Quella differenza è importante.

Una membrana pieghettata potrebbe garantire una ritenzione totale a 0,2 µm, motivo per cui un Cartuccia filtrante a membrana pieghettata in PP/PTFE con purificazione a 0,2 micron Ha senso in soluzioni sterilizzanti, ad alta efficienza o di lucidatura. Tuttavia, anche in diverse configurazioni OEM, il problema non è la cattura submicronica. Le preoccupazioni riguardano lo sfiato regolato dell’aria, la circolazione ripetibile, il blocco degli spruzzi, il controllo dei frammenti grezzi o la presenza di uno sfiato resistente alle sostanze chimiche in un minuscolo componente in plastica.

Una cartuccia a profondità di tipo "melt-blown" è ancora una volta diversa. Una Cartuccia filtrante a profondità in polipropilene ottenuta con il processo “melt blown” offre un filtraggio in profondità a basso costo in ambienti immobiliari mutevoli, ma risulta ingombrante rispetto a un tappo permeabile sinterizzato integrato direttamente nei dispositivi.

E il metallo sinterizzato inossidabile? Più potente. Più caldo. Molto più costoso. A Cartuccia filtrante sinterizzata porosa in acciaio SS316 è l'ideale laddove la temperatura, le sollecitazioni, i solventi o gli urti rendono la plastica troppo fragile.

Prodotti: PE, PP, PTFE, PVDF e quella sostanza chimica che nessuno vorrebbe avere tra le mani

L'opzione di prodotto determina se un filtro in plastica porosa sinterizzata diventerà un componente OEM affidabile o un problema a lento sviluppo.

I filtri in polietilene permeabile sono la soluzione standard più diffusa, poiché il PE offre un’ottima resistenza chimica, un costo contenuto e un comportamento di sinterizzazione affidabile. L’UHMWPE aggiunge resistenza all’abrasione e tenacità. Il PP può rivelarsi utile per acque a temperature più elevate e per un’esposizione diretta a una gamma più ampia di sostanze chimiche. Il PTFE offre una resistenza chimica nettamente superiore, ma l’approvvigionamento e i controlli normativi risultano più complessi. Il PVDF si colloca a metà strada: è chimicamente più resistente di molte altre materie plastiche, ma non sempre rappresenta la soluzione più economica.

Ecco la versione spontanea:

PE è solitamente il leader del mercato.

Il PP rappresenta solitamente una soluzione di compromesso per l'acqua di processo.

Il PTFE è il tubo flessibile resistente agli agenti chimici.

Il PVDF è la scelta ideale per i fluidi aggressivi, quando il budget lo consente.

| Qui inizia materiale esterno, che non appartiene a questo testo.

-- ===== src/State/Safety/Adopt.antt =====
-- Recovery from a journal that was never published, and recovery as a whole.
use agentops_open_course.Prelude.{
  ◌≡◌, refl, inl, inr, List, [], ◌∷◌, Option, none, some, text_eq_self, true, length, ==_iff,
}
use agentops_open_course.State.Maps.{lookup}
use agentops_open_course.State.Disk.{
  Files, Digest, prepared, Event, JournalFile, RestoreJournal, in_staging, in_quarantine,
}
use agentops_open_course.State.Journal.{Artifact, staging_of, quarantine_of, journal_of}
use agentops_open_course.State.Recovery.{
  require_owned_artifacts, adoption_problem, adopt_candidate, adopt_initial_restore_journal,
  recover_restore_locked,
}
use agentops_open_course.State.Logic.{
  View, machine, Ends, ends_returned, then-Ends, step-Ends, mono-Ends, fsync-Ends,
}
use agentops_open_course.State.Logic.Places.{read_place_lem}
use agentops_open_course.State.Logic.Temporaries.{publish_temporary-Ends}
use agentops_open_course.State.Safety.Records.{
  Part, assert_exact_live_inventory_lem, validate_residue_lem,
}
use agentops_open_course.State.Safety.Invariant.{
  Transaction, old_generation, IsClean, IsPrepared, Recoverable, is_initial, is_prepared,
  journal_at, recorded,
}
use agentops_open_course.State.Safety.Recover.{recover_prepared-Ends}

-- No files at all are a part of any generation.
empty_part : (gs : Files) → Part [] gs
unfolding lookup
empty_part gs k = inl refl

-- A view is what it holds.
pub View-eq :
    (v w : View)
    → v.live ≡ w.live
    → v.staging ≡ w.staging
    → v.quarantine ≡ w.quarantine
    → v.temporary ≡ w.temporary
    → v.journal ≡ w.journal
    → v.held ≡ w.held
    → v ≡ w
View-eq v w a b c d e f = λ i. record {
  live = a i;
  staging = b i;
  quarantine = c i;
  temporary = d i;
  journal = e i;
  held = f i;
}

module _ ⦃digest : Digest⦄ (x : Transaction) (held : Option RestoreJournal) where
  -- All that is there before the journal gets its name.
  abbrev staged_with : Option JournalFile → Option JournalFile → View
  staged_with f j = record {
    live = x.old_files;
    staging = some x.new_files;
    quarantine = some [];
    temporary = f;
    journal = j;
    held = held;
  }

  abbrev initial : View
  initial = staged_with (recorded x prepared) none

  abbrev initial_artifacts : List Artifact
  initial_artifacts = journal_of x.id ∷ quarantine_of x.id ∷ staging_of x.id ∷ []

  pub initial-IsPrepared :
      (f : Option JournalFile) → IsPrepared x (staged_with f (recorded x prepared))
  unfolding lookup
  initial-IsPrepared f = record {
    journal = refl;
    staging = refl;
    quarantine = refl;
    halfway = record {
      slots = λ k. inl (refl, refl);
      staged = λ k. inr refl;
      live_sorted = x.old_sorted;
      staging_sorted = x.new_sorted;
      quarantine_sorted = tt;
    };
    complete = λ k. inl refl;
  }

  initial_owned : require_owned_artifacts (journal_at x prepared) initial_artifacts ≡ none
  initial_owned = rw (text_eq_self x.id)

  adoption_lem :
      adoption_problem x.id (journal_at x prepared) initial_artifacts (machine x.id initial) ≡ none
  adoption_lem =
      rw
        (
          text_eq_self x.id,
          read_place_lem x.id (in_staging x.id) initial refl,
          validate_residue_lem x.new_records x.new_files true x.new_sorted (λ k. inr refl),
          read_place_lem x.id (in_quarantine x.id) initial refl,
          validate_residue_lem x.old_records [] true tt (empty_part x.old_files),
          (==_iff (length x.new_files) (length x.new_inventory)).1 x.new_records.counted,
        )
        (assert_exact_live_inventory_lem x.old_records (machine x.id initial) refl)

  adopt_initial-Ends :
      (s : List Event)
      → Ends x.id
          (λ j v. (j ≡ journal_at x prepared) × (v ≡ staged_with none (recorded x prepared)))
          (Recoverable x old_generation)
          s
          (adopt_initial_restore_journal initial_artifacts (machine x.id initial) s)
  unfolding adopt_initial_restore_journal adopt_candidate
  adopt_initial-Ends s = rw adoption_lem (
      step-Ends _
        (mono-Ends (λ a v p. p)
          (λ v p. rw p (
            is_initial (record {
              live = refl;
              staging = refl;
              quarantine = refl;
              temporary = refl;
              journal = refl;
            })))
          (publish_temporary-Ends initial (journal_at x prepared) s))
        λ s1.
          step-Ends _
            (fsync-Ends {Post = λ _ v. v ≡ staged_with none (recorded x prepared)}
              (staged_with none (recorded x prepared)) s1 (is_prepared (initial-IsPrepared none))
              refl)
            λ s2.
              ends_returned (journal_at x prepared) (staged_with none (recorded x prepared)) s2
                (λ i. i) (refl, refl))

  pub recover_initial-Ends :
      (s : List Event)
      → Ends x.id
          (λ _. IsClean x.old_files)
          (Recoverable x old_generation)
          s
          (recover_restore_locked (machine x.id initial) s)
  unfolding recover_restore_locked
  recover_initial-Ends s = then-Ends _ (adopt_initial-Ends s) λ j v s' (ej, ev).
      rw (ej, ev)
        (recover_prepared-Ends x initial_artifacts (staged_with none (recorded x prepared)) s'
          initial_owned (initial-IsPrepared none))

Ma il nome del materiale da solo non basta. Chiedete informazioni su grado, spessore, additivi, sistema colorante, condizioni del legante, valori previsti per le sostanze estraibili, dichiarazioni RoHS/REACH, idoneità al contatto con gli alimenti, se pertinente, e dichiarazioni relative all’esposizione ai PFAS qualora si parli di fluoropolimeri o ingredienti fluorurati.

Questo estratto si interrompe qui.